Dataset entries

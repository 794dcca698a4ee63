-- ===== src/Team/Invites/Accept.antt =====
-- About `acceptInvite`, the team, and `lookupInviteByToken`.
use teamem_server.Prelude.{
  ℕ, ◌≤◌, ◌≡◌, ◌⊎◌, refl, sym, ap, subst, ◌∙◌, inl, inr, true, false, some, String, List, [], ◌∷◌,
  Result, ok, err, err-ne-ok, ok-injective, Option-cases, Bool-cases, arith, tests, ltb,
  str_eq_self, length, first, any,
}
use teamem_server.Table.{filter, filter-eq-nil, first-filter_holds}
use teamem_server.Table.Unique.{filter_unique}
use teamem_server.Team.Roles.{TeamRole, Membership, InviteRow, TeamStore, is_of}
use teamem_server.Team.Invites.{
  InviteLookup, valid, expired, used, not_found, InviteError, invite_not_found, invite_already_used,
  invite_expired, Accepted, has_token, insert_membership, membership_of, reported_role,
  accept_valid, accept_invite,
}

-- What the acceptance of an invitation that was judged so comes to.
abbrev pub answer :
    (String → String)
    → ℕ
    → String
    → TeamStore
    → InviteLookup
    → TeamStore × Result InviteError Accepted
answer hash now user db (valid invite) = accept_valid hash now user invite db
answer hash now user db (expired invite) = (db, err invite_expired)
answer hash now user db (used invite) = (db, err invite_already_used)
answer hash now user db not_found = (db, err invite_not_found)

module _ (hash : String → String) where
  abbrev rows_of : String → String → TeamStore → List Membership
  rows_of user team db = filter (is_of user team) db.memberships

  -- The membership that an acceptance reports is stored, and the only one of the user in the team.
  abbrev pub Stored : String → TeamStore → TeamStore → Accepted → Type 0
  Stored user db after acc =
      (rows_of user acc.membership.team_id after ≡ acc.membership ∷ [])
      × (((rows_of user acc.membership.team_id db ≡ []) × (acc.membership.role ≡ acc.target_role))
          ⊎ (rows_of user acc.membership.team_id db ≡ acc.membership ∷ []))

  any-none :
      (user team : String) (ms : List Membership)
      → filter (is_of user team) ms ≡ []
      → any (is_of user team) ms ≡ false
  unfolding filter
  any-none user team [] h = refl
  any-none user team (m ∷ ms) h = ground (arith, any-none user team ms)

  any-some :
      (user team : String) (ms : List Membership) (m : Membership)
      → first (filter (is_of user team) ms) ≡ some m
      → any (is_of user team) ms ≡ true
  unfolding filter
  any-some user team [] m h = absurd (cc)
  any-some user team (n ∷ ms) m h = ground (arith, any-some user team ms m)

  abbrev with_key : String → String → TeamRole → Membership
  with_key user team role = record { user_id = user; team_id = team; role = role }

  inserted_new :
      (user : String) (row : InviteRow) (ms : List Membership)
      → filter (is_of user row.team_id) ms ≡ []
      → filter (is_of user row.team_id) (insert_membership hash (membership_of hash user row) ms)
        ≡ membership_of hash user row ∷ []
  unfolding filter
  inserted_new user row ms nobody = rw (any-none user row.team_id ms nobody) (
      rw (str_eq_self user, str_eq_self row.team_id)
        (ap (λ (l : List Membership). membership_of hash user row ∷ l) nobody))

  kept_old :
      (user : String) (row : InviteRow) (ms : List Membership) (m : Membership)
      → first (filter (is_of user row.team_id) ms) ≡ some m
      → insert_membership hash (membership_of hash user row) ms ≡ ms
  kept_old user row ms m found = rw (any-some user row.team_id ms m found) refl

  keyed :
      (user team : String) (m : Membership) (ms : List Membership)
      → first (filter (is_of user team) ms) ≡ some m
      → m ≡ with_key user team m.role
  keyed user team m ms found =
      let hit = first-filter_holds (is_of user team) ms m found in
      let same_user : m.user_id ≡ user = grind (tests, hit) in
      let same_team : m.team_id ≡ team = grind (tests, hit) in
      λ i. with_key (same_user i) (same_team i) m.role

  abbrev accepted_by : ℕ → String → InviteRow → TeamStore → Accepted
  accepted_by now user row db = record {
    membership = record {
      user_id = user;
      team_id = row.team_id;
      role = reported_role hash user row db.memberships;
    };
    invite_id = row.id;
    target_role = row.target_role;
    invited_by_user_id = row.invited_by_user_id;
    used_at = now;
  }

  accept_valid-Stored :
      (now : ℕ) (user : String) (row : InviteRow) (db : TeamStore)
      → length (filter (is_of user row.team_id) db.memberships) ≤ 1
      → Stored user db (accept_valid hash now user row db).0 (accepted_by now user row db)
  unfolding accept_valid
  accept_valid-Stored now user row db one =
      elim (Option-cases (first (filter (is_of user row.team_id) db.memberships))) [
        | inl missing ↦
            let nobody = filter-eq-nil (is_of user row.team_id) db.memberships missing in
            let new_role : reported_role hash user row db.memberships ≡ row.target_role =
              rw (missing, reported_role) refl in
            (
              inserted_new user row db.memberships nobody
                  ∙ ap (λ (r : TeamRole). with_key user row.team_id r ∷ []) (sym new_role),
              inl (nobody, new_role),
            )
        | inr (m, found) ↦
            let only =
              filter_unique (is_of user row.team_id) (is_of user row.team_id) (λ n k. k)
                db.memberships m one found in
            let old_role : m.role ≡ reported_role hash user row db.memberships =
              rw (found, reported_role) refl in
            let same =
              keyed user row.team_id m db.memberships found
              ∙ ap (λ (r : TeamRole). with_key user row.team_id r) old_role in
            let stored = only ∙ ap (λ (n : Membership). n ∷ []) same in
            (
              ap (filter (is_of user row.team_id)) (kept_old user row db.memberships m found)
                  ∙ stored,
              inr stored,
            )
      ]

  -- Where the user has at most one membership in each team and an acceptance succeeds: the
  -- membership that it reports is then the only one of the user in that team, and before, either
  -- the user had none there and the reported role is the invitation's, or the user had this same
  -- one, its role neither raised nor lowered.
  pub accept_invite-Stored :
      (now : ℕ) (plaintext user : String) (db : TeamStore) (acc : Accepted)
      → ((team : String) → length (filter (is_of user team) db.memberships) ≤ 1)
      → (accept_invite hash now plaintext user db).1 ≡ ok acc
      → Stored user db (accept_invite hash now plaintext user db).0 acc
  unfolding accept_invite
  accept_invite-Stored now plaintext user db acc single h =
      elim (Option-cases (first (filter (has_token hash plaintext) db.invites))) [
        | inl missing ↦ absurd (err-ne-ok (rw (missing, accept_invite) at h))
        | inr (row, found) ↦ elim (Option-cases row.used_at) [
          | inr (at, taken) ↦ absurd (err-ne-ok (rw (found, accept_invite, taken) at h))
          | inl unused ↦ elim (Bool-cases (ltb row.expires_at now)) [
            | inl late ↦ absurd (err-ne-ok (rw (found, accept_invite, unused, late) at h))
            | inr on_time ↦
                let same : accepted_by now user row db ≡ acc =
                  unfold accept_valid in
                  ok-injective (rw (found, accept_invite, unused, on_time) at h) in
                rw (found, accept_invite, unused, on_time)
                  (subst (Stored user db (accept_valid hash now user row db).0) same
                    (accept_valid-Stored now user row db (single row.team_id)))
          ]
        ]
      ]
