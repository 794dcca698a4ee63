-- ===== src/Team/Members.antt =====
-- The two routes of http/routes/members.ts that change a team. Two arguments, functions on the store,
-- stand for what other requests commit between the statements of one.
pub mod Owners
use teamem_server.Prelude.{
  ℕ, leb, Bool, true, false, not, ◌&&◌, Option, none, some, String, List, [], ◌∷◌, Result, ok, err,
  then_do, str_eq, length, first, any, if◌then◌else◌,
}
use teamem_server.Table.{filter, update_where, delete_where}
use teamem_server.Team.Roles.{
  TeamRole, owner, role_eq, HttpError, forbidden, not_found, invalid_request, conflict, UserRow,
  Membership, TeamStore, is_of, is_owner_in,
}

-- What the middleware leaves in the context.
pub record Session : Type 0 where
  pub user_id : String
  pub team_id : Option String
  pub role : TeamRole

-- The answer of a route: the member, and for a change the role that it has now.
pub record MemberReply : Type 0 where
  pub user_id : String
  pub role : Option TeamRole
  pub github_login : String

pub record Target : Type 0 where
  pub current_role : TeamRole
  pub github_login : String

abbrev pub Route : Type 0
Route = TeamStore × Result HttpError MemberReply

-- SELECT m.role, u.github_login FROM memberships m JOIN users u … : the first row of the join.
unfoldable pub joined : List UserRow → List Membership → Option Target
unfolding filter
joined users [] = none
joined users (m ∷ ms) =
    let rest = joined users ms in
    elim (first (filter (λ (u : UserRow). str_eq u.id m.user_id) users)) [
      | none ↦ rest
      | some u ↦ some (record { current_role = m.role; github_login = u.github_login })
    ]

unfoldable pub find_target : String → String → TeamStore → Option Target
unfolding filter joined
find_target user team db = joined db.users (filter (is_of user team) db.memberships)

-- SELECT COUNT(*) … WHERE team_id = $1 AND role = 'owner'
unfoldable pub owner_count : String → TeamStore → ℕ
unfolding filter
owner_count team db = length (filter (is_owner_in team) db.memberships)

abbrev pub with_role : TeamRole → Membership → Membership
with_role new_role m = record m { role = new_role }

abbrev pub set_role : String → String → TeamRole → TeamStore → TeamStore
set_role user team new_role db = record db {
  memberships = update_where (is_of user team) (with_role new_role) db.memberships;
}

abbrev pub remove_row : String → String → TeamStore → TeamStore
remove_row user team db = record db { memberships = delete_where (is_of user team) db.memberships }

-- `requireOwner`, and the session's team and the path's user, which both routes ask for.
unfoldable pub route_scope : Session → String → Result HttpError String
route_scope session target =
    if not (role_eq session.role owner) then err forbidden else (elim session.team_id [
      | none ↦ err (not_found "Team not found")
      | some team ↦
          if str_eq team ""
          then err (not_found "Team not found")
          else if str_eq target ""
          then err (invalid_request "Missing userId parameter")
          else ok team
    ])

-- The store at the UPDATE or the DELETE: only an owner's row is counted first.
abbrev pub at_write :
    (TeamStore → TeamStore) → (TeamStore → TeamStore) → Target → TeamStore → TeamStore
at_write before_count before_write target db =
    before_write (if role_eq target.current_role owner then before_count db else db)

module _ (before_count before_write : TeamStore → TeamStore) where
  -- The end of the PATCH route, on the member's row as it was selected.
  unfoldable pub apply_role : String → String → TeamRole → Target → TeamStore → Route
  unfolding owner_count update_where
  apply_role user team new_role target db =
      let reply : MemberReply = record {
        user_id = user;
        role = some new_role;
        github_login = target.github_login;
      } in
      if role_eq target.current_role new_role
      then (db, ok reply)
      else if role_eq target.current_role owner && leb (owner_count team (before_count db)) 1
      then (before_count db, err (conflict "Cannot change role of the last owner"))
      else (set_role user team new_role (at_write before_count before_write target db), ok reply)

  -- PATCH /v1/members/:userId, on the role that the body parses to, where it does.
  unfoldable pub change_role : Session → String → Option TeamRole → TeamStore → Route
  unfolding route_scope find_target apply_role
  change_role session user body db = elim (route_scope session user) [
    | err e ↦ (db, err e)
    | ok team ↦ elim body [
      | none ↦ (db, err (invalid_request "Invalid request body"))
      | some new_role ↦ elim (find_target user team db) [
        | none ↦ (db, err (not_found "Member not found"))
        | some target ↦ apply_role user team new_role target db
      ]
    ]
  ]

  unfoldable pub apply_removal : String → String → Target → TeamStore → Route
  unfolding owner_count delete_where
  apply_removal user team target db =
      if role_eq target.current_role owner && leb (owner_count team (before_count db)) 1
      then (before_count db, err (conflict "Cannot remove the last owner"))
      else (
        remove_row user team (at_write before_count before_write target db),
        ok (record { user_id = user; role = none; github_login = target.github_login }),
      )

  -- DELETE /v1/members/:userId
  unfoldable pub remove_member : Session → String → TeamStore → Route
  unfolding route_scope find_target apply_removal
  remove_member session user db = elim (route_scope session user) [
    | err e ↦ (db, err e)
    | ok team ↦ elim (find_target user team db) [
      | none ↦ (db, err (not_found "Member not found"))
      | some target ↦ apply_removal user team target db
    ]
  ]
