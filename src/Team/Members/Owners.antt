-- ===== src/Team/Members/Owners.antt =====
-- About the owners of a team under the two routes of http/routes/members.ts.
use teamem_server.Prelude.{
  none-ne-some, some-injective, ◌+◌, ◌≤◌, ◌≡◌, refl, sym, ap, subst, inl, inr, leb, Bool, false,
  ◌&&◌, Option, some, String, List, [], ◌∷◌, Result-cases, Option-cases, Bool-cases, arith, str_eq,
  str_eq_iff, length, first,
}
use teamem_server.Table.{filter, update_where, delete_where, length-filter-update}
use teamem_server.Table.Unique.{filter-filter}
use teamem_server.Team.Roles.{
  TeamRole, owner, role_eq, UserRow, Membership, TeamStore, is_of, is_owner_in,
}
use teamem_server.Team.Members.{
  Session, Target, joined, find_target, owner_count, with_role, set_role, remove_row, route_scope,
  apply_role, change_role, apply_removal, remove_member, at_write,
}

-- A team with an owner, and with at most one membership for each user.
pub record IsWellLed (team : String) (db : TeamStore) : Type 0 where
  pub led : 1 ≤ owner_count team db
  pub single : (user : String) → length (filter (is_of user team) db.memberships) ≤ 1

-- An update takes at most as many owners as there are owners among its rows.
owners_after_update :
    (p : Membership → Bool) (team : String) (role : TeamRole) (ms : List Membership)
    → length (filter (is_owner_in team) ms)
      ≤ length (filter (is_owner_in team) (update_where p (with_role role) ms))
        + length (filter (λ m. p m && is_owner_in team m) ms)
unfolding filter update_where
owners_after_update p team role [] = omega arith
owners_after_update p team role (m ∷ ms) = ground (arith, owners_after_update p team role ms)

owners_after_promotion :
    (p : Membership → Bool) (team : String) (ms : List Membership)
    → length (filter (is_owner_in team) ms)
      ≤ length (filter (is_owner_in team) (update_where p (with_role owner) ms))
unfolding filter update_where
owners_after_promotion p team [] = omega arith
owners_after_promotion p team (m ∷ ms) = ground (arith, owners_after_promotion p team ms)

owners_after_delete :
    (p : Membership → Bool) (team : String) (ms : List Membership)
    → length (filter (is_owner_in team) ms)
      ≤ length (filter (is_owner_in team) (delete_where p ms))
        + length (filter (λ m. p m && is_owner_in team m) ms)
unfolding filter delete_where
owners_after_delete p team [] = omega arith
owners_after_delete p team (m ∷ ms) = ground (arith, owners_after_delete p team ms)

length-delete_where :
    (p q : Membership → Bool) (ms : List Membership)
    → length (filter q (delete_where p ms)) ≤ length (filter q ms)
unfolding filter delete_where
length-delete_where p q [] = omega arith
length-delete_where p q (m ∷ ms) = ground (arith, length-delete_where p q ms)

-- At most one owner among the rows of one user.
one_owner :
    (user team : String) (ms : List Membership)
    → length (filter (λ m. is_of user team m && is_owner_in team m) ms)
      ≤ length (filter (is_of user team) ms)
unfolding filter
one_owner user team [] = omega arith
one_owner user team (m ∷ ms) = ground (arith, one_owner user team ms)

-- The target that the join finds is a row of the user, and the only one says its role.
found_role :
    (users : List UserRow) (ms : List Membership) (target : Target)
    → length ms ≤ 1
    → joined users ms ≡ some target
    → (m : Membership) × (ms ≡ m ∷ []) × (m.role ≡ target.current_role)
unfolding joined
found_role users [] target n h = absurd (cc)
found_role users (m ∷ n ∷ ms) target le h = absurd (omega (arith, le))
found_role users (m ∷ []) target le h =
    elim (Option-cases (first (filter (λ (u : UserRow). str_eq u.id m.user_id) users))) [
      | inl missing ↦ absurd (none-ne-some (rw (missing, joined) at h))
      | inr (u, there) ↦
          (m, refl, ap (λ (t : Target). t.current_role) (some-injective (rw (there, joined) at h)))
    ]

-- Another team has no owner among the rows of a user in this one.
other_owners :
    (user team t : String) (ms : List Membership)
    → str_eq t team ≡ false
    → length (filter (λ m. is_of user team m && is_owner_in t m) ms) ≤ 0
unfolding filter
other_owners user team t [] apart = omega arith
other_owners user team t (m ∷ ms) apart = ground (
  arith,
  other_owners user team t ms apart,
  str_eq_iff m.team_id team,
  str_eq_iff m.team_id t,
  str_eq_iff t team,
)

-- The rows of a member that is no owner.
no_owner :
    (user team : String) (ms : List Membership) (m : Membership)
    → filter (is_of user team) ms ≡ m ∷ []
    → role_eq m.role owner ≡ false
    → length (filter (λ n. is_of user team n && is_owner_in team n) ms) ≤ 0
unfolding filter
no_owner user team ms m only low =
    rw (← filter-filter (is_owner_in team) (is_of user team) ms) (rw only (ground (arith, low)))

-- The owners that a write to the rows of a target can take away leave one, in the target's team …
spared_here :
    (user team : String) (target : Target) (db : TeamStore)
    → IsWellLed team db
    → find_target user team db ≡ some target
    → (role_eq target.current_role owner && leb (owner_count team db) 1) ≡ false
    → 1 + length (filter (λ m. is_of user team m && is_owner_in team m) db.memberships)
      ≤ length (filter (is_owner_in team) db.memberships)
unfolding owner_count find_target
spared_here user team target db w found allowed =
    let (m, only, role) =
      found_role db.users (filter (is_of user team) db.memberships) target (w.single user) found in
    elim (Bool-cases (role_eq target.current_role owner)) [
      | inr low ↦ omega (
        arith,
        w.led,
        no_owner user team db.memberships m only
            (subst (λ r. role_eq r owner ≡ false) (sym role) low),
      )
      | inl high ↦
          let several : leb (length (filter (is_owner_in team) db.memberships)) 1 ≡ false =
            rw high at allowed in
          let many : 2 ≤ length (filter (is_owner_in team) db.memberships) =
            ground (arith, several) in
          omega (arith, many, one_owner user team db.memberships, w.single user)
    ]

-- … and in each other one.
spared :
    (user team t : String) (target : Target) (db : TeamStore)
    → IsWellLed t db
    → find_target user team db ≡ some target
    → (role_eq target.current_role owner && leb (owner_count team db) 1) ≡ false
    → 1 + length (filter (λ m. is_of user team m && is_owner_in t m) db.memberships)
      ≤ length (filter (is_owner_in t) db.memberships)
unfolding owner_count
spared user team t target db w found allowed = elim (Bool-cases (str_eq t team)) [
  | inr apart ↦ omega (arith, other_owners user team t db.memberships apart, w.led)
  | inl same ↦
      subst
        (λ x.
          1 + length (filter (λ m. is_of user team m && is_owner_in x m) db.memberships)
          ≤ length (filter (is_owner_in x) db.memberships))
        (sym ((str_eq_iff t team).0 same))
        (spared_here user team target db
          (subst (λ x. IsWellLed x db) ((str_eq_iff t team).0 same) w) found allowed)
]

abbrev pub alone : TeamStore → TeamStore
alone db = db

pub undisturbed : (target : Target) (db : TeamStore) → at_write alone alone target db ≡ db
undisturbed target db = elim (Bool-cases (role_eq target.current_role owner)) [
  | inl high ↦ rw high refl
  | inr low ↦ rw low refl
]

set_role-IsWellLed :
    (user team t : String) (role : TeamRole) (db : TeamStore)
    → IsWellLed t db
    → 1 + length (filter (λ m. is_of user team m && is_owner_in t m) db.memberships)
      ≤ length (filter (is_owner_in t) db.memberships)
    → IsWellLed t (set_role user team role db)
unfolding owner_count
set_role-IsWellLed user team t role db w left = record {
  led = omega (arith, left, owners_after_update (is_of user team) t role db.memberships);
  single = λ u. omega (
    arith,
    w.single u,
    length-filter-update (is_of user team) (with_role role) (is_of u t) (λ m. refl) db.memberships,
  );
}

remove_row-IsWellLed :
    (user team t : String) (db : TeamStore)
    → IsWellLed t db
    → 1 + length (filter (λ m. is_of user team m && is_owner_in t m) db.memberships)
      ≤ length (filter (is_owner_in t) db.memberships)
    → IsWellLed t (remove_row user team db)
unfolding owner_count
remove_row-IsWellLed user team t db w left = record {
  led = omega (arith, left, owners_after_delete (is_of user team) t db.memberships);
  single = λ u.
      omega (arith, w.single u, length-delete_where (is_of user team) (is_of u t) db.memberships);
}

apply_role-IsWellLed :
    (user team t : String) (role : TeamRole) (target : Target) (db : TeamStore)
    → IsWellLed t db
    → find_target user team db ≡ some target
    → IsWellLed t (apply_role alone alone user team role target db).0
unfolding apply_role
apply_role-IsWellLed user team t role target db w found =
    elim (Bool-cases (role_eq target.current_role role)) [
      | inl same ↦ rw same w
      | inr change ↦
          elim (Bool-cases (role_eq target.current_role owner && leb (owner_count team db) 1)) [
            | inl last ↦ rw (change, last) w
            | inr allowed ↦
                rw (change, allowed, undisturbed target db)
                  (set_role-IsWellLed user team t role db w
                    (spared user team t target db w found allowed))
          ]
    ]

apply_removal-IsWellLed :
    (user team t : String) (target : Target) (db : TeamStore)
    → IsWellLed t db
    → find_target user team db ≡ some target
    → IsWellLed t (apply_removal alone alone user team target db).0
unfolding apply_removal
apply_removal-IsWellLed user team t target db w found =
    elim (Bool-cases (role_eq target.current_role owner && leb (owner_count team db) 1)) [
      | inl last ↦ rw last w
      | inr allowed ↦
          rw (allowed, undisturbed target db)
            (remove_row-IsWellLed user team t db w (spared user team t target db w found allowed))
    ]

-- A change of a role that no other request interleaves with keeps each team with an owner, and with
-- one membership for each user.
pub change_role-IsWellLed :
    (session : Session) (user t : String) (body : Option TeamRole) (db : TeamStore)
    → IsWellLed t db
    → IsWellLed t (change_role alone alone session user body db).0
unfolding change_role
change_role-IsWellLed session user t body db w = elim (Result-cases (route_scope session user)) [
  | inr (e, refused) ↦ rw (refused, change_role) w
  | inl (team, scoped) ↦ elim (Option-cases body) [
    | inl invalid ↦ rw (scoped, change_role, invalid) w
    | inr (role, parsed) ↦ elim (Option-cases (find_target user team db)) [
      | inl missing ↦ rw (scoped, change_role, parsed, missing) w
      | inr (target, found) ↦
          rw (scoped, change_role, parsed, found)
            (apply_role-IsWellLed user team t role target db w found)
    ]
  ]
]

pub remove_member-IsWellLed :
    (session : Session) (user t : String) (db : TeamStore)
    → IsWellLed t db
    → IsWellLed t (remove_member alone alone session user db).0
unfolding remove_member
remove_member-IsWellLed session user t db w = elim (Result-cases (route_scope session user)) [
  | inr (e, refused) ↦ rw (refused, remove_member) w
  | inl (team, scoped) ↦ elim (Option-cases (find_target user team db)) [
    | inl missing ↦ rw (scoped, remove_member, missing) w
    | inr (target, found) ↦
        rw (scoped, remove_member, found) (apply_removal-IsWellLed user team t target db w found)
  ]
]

- Requirement -
Look above for the line containing "acc.membership ∷ []))" and the line containing "any-some user team [] m h = absurd (cc)". Transcribe both, with the lines between them, exactly.

- Reply -
          ⊎ (rows_of user acc.membership.team_id db ≡ acc.membership ∷ []))

  any-none :
      (user team : String) (ms : List Membership)
      → filter (is_of user team) ms ≡ []
      → any (is_of user team) ms ≡ false
  unfolding filter
  any-none user team [] h = refl
  any-none user team (m ∷ ms) h = ground (arith, any-none user team ms)

  any-some :
      (user team : String) (ms : List Membership) (m : Membership)
      → first (filter (is_of user team) ms) ≡ some m
      → any (is_of user team) ms ≡ true
  unfolding filter
  any-some user team [] m h = absurd (cc)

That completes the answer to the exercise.